Our work explores the hardness of $3$SUM instances without certain additive structures, and its applications. As our main technical result, we show that solving $3$SUM on a size-$n$ integer set that avoids solutions to $a+b=c+d$ for $\{a, b\} \ne \{c, d\}$ still requires $n^{2-o(1)}$ time, under the $3$SUM hypothesis. Such sets are called Sidon sets and are well-studied in the field of additive combinatorics. - Combined with previous reductions, this implies that the All-Edges Sparse Triangle problem on $n$-vertex graphs with maximum degree $\sqrt{n}$ and at most $n^{k/2}$ $k$-cycles for every $k \ge 3$ requires $n^{2-o(1)}$ time, under the $3$SUM hypothesis. This can be used to strengthen the previous conditional lower bounds by Abboud, Bringmann, Khoury, and Zamir [STOC'22] of $4$-Cycle Enumeration, Offline Approximate Distance Oracle and Approximate Dynamic Shortest Path. In particular, we show that no algorithm for the $4$-Cycle Enumeration problem on $n$-vertex $m$-edge graphs with $n^{o(1)}$ delays has $O(n^{2-\varepsilon})$ or $O(m^{4/3-\varepsilon})$ pre-processing time for $\varepsilon >0$. We also present a matching upper bound via simple modifications of the known algorithms for $4$-Cycle Detection. - A slight generalization of the main result also extends the result of Dudek, Gawrychowski, and Starikovskaya [STOC'20] on the $3$SUM hardness of nontrivial 3-Variate Linear Degeneracy Testing (3-LDTs): we show $3$SUM hardness for all nontrivial 4-LDTs. The proof of our main technical result combines a wide range of tools: Balog-Szemer{\'e}di-Gowers theorem, sparse convolution algorithm, and a new almost-linear hash function with almost $3$-universal guarantee for integers that do not have small-coefficient linear relations.
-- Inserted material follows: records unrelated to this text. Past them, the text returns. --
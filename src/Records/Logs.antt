-- ===== src/Records/Logs.antt =====
-- The mistake logs and the attempts of cpa_first/db/repositories.py. A log comes in with its optional fields,
-- and a row adds its user and the time of its insertion; what `diagnosis` holds is a text.
use xeno_pre_test.Prelude.{
  ℕ, ◌+◌, ◌≡◌, ◌≢◌, refl, ap, Bool, true, false, not, ◌&&◌, ◌==◌, leb, if◌then◌else◌, Option, none,
  some, List, [], ◌∷◌, String, str_eq, eq_refl, any, keep, tally, sorted, arith, Bool-cases, inl,
  inr,
}
use mathlib.Core.Option.{get_or}

pub record Log : Type 0 where
  pub log_id : String
  pub problem_id : String
  pub attempt_at : String
  pub correct : Bool
  pub time_seconds : ℕ
  pub skipped : Option Bool
  pub mistake_categories : Option (List String)
  pub self_note : Option String
  pub session_id : Option String

pub record MistakeLog : Type 0 where
  pub user_id : ℕ
  pub log_id : String
  pub problem_id : String
  pub attempt_at : String
  pub correct : Bool
  pub time_seconds : ℕ
  pub skipped : Option Bool
  pub mistake_categories : List String
  pub self_note : Option String
  pub session_id : Option String
  pub created_at : ℕ

-- The key `(user_id, log_id)`.
abbrev pub has_key : ℕ → String → MistakeLog → Bool
has_key user i r = (r.user_id == user) && str_eq r.log_id i

abbrev pub of_user : ℕ → MistakeLog → Bool
of_user user r = r.user_id == user

-- Whether the log is new, and the rows after.
unfoldable pub add_mistake_log : ℕ → ℕ → Log → List MistakeLog → Bool × List MistakeLog
add_mistake_log now user log rows = if any (has_key user log.log_id) rows then (false, rows) else (
  true,
  record {
    user_id = user;
    log_id = log.log_id;
    problem_id = log.problem_id;
    attempt_at = log.attempt_at;
    correct = log.correct;
    time_seconds = log.time_seconds;
    skipped = log.skipped;
    mistake_categories = get_or log.mistake_categories [];
    self_note = log.self_note;
    session_id = log.session_id;
    created_at = now;
  }
      ∷ rows,
)

-- `order_by(MistakeLog.created_at.asc())`
abbrev pub older : MistakeLog → MistakeLog → Bool
older a b = leb a.created_at b.created_at

unfoldable pub list_mistake_logs : ℕ → List MistakeLog → List MistakeLog
list_mistake_logs user rows = sorted older (keep (of_user user) rows)

unfoldable pub count_mistake_logs : ℕ → List MistakeLog → ℕ
count_mistake_logs user rows = tally (of_user user) rows

unfoldable pub delete_mistake_logs : ℕ → List MistakeLog → List MistakeLog
delete_mistake_logs user rows = keep (λ r. not (of_user user r)) rows

-- Adding a log again, at any time and with any content under its id, changes nothing and says so; the first
-- time adds one to the user's count where the answer is that it is new, and nothing otherwise.
pub add_mistake_log_once :
    (now later user : ℕ) (log again : Log) (rows : List MistakeLog)
    → again.log_id ≡ log.log_id
    → let (fresh, after) = add_mistake_log now user log rows in
      (add_mistake_log later user again after ≡ (false, after))
      × (count_mistake_logs user after ≡ count_mistake_logs user rows + (if fresh then 1 else 0))
unfolding add_mistake_log count_mistake_logs
add_mistake_log_once now later user log again rows e =
    elim (Bool-cases (any (has_key user log.log_id) rows)) [
      | inl h ↦ rw h (rw (e, h) refl, omega arith)
      | inr h ↦ rw h (ground (arith, eq_refl log.log_id, e), ground arith)
    ]

tally-keep-not :
    (u : ℕ) (rows : List MistakeLog) → tally (of_user u) (keep (λ r. not (of_user u r)) rows) ≡ 0
tally-keep-not u [] = refl
tally-keep-not u (r ∷ rows) = ground (arith, tally-keep-not u rows)

keep-keep-not :
    (u v : ℕ) (rows : List MistakeLog)
    → u ≢ v
    → keep (of_user v) (keep (λ r. not (of_user u r)) rows) ≡ keep (of_user v) rows
keep-keep-not u v [] h = refl
keep-keep-not u v (r ∷ rows) h = ground (arith, h, keep-keep-not u v rows h)

-- Deleting a user's logs leaves none of that user, and another user's list as it is.
pub delete_mistake_logs_lem :
    (u v : ℕ) (rows : List MistakeLog)
    → u ≢ v
    → (count_mistake_logs u (delete_mistake_logs u rows) ≡ 0)
      × (list_mistake_logs v (delete_mistake_logs u rows) ≡ list_mistake_logs v rows)
unfolding count_mistake_logs delete_mistake_logs list_mistake_logs
delete_mistake_logs_lem u v rows h =
    (tally-keep-not u rows, ap (sorted older) (keep-keep-not u v rows h))

-- An attempt under the id that the server draws.
pub record AttemptDiagnosis : Type 0 where
  pub attempt_id : String
  pub user_id : ℕ
  pub question_id : String
  pub selected_choice : ℕ
  pub time_seconds : Option ℕ
  pub time_limit_seconds : ℕ
  pub created_at : ℕ
  pub diagnosis : String

-- `none` where the id drawn is stored, an `IntegrityError`.
unfoldable pub add_attempt_diagnosis :
    AttemptDiagnosis → List AttemptDiagnosis → Option (List AttemptDiagnosis)
add_attempt_diagnosis a rows =
    if any (λ r. str_eq r.attempt_id a.attempt_id) rows then none else some (a ∷ rows)

unfoldable pub list_attempt_diagnoses : ℕ → List AttemptDiagnosis → List AttemptDiagnosis
list_attempt_diagnoses user rows =
    sorted (λ a b. leb a.created_at b.created_at) (keep (λ r. r.user_id == user) rows)

unfoldable pub delete_attempt_diagnoses : ℕ → List AttemptDiagnosis → List AttemptDiagnosis
delete_attempt_diagnoses user rows = keep (λ r. not (r.user_id == user)) rows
翻译：我们的工作探讨了3SUM实例在缺乏特定加法结构时的难度及其应用。作为主要技术成果，我们证明：在避免满足$a+b=c+d$（其中$\{a, b\} \ne \{c, d\}$）的大小为$n$的整数集合上求解3SUM问题，在3SUM假设下仍需要$n^{2-o(1)}$时间。这类集合被称为Sidon集，在加法组合领域已有深入研究。— 结合先前归约，这意味着：对于最大度为$\sqrt{n}$且对任意$k \ge 3$最多包含$n^{k/2}$个$k$-环的$n$顶点图上的全边稀疏三角问题，在3SUM假设下仍需要$n^{2-o(1)}$时间。这可用于加强Abboud、Bringmann、Khoury和Zamir [STOC'22] 关于4-环枚举、离线近似距离查询和近似动态最短路径问题的先前条件性下界。特别地，我们证明：对于$n$顶点$m$边且允许$n^{o(1)}$延迟的4-环枚举问题，不存在预处理时间为$O(n^{2-\varepsilon})$或$O(m^{4/3-\varepsilon})$（其中$\varepsilon >0$）的算法。我们还通过对已知4-环检测算法进行简单修改，给出了匹配的上界。— 主要结论的轻微推广还扩展了Dudek、Gawrychowski和Starikovskaya [STOC'20] 关于非平凡3变量线性退化测试（3-LDT）的3SUM困难性结果：我们证明了所有非平凡4-LDT的3SUM困难性。主要技术结论的证明综合运用了多种工具：Balog-Szemerédi-Gowers定理、稀疏卷积算法，以及一种新的、对无小系数线性关系的整数具有几乎3-通用保证的近似线性哈希函数。